What to produce | Exactly the lines from the one with "let (same, bm_time, bm_id, bm_pool)" through the last line of the listing must be given again.

Records for the exercise |
· · · · ·

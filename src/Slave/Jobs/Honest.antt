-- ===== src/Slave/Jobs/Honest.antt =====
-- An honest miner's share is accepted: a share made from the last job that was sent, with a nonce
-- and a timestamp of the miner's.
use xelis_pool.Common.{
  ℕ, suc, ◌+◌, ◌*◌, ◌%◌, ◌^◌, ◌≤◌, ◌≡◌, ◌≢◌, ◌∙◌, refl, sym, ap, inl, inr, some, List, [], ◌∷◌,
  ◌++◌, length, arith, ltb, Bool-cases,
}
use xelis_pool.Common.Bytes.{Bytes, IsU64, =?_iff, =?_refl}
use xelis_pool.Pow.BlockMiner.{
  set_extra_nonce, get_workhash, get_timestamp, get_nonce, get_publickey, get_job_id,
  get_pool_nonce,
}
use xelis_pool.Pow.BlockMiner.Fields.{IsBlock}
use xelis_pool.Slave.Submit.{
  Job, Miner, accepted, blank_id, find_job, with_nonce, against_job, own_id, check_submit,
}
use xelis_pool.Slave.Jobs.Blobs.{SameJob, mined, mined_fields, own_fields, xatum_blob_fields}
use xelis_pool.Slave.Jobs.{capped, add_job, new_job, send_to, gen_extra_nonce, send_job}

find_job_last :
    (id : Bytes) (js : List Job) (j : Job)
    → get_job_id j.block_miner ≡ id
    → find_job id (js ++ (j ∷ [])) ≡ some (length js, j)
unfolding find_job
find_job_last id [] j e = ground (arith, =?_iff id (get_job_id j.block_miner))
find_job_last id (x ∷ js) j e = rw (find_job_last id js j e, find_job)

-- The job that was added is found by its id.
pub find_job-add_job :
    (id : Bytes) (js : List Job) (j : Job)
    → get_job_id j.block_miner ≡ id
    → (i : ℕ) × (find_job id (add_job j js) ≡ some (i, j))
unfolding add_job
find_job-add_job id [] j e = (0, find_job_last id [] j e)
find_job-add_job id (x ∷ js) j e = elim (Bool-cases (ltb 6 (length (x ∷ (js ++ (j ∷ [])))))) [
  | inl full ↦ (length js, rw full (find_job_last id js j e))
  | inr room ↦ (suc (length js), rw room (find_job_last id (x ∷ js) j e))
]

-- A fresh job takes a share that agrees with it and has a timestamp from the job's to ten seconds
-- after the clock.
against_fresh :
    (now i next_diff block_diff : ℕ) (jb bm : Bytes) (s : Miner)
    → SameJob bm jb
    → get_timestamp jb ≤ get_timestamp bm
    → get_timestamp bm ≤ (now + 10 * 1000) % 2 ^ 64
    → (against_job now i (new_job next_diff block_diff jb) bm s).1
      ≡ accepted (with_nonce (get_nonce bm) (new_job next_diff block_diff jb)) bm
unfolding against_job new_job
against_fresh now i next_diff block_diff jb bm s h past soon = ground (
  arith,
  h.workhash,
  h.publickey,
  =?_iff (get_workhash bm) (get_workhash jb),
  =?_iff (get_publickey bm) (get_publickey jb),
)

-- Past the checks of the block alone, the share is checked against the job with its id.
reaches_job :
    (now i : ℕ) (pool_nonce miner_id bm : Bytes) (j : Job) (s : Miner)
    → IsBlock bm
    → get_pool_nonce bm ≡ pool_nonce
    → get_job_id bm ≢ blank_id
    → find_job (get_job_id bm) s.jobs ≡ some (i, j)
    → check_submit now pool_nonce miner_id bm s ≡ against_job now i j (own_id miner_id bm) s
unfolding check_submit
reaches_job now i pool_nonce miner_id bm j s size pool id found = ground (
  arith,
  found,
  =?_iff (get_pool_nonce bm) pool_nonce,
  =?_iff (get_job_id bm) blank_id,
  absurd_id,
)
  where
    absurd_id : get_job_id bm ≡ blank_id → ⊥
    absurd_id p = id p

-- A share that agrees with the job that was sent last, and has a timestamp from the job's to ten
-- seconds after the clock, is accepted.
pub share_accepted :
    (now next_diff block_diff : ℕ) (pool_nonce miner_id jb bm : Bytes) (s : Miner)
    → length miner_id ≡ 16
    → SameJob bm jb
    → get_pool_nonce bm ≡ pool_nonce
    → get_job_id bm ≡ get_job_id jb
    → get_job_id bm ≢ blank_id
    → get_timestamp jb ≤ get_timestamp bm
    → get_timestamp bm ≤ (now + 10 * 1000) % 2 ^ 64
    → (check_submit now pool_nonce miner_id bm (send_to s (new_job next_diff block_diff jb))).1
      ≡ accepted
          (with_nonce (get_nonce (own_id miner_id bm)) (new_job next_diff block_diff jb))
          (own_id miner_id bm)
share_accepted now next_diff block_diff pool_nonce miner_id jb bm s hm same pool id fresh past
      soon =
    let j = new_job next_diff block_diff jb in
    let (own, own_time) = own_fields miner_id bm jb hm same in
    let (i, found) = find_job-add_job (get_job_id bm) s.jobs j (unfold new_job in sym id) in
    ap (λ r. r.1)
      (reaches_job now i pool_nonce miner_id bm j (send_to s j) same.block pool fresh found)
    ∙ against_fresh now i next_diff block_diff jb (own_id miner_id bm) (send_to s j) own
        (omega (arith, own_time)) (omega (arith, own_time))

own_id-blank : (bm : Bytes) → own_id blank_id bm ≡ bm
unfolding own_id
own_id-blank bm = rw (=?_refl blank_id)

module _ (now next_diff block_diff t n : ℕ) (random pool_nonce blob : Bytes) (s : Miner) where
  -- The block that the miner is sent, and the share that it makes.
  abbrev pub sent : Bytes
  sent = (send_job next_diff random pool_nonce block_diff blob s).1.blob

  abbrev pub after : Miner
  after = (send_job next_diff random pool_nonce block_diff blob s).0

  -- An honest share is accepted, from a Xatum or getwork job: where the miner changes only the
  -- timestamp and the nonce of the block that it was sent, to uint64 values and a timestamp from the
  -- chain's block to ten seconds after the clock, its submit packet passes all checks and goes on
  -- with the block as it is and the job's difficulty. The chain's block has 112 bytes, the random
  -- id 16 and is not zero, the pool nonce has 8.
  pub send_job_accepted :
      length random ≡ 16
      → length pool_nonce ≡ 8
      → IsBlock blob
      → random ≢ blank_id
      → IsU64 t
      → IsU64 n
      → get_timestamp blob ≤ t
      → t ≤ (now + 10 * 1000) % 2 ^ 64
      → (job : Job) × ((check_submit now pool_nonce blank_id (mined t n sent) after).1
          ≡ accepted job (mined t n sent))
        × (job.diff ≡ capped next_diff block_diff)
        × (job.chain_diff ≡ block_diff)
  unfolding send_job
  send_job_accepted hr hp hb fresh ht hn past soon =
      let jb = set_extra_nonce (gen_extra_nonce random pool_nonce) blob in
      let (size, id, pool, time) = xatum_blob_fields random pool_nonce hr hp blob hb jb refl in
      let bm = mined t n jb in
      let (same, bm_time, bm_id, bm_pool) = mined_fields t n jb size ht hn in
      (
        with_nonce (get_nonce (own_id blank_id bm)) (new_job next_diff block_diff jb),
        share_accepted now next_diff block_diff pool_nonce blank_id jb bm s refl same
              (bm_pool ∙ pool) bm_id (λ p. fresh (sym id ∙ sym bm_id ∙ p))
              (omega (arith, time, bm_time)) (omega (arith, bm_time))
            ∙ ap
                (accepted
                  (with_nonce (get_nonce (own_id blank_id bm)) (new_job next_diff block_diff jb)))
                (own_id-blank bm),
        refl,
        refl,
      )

· · · · ·

Response to the task |
      let (same, bm_time, bm_id, bm_pool) = mined_fields t n jb size ht hn in
      (
        with_nonce (get_nonce (own_id blank_id bm)) (new_job next_diff block_diff jb),
        share_accepted now next_diff block_diff pool_nonce blank_id jb bm s refl same
              (bm_pool ∙ pool) bm_id (λ p. fresh (sym id ∙ sym bm_id ∙ p))
              (omega (arith, time, bm_time)) (omega (arith, bm_time))
            ∙ ap
                (accepted
                  (with_nonce (get_nonce (own_id blank_id bm)) (new_job next_diff block_diff jb)))
                (own_id-blank bm),
        refl,
        refl,
      )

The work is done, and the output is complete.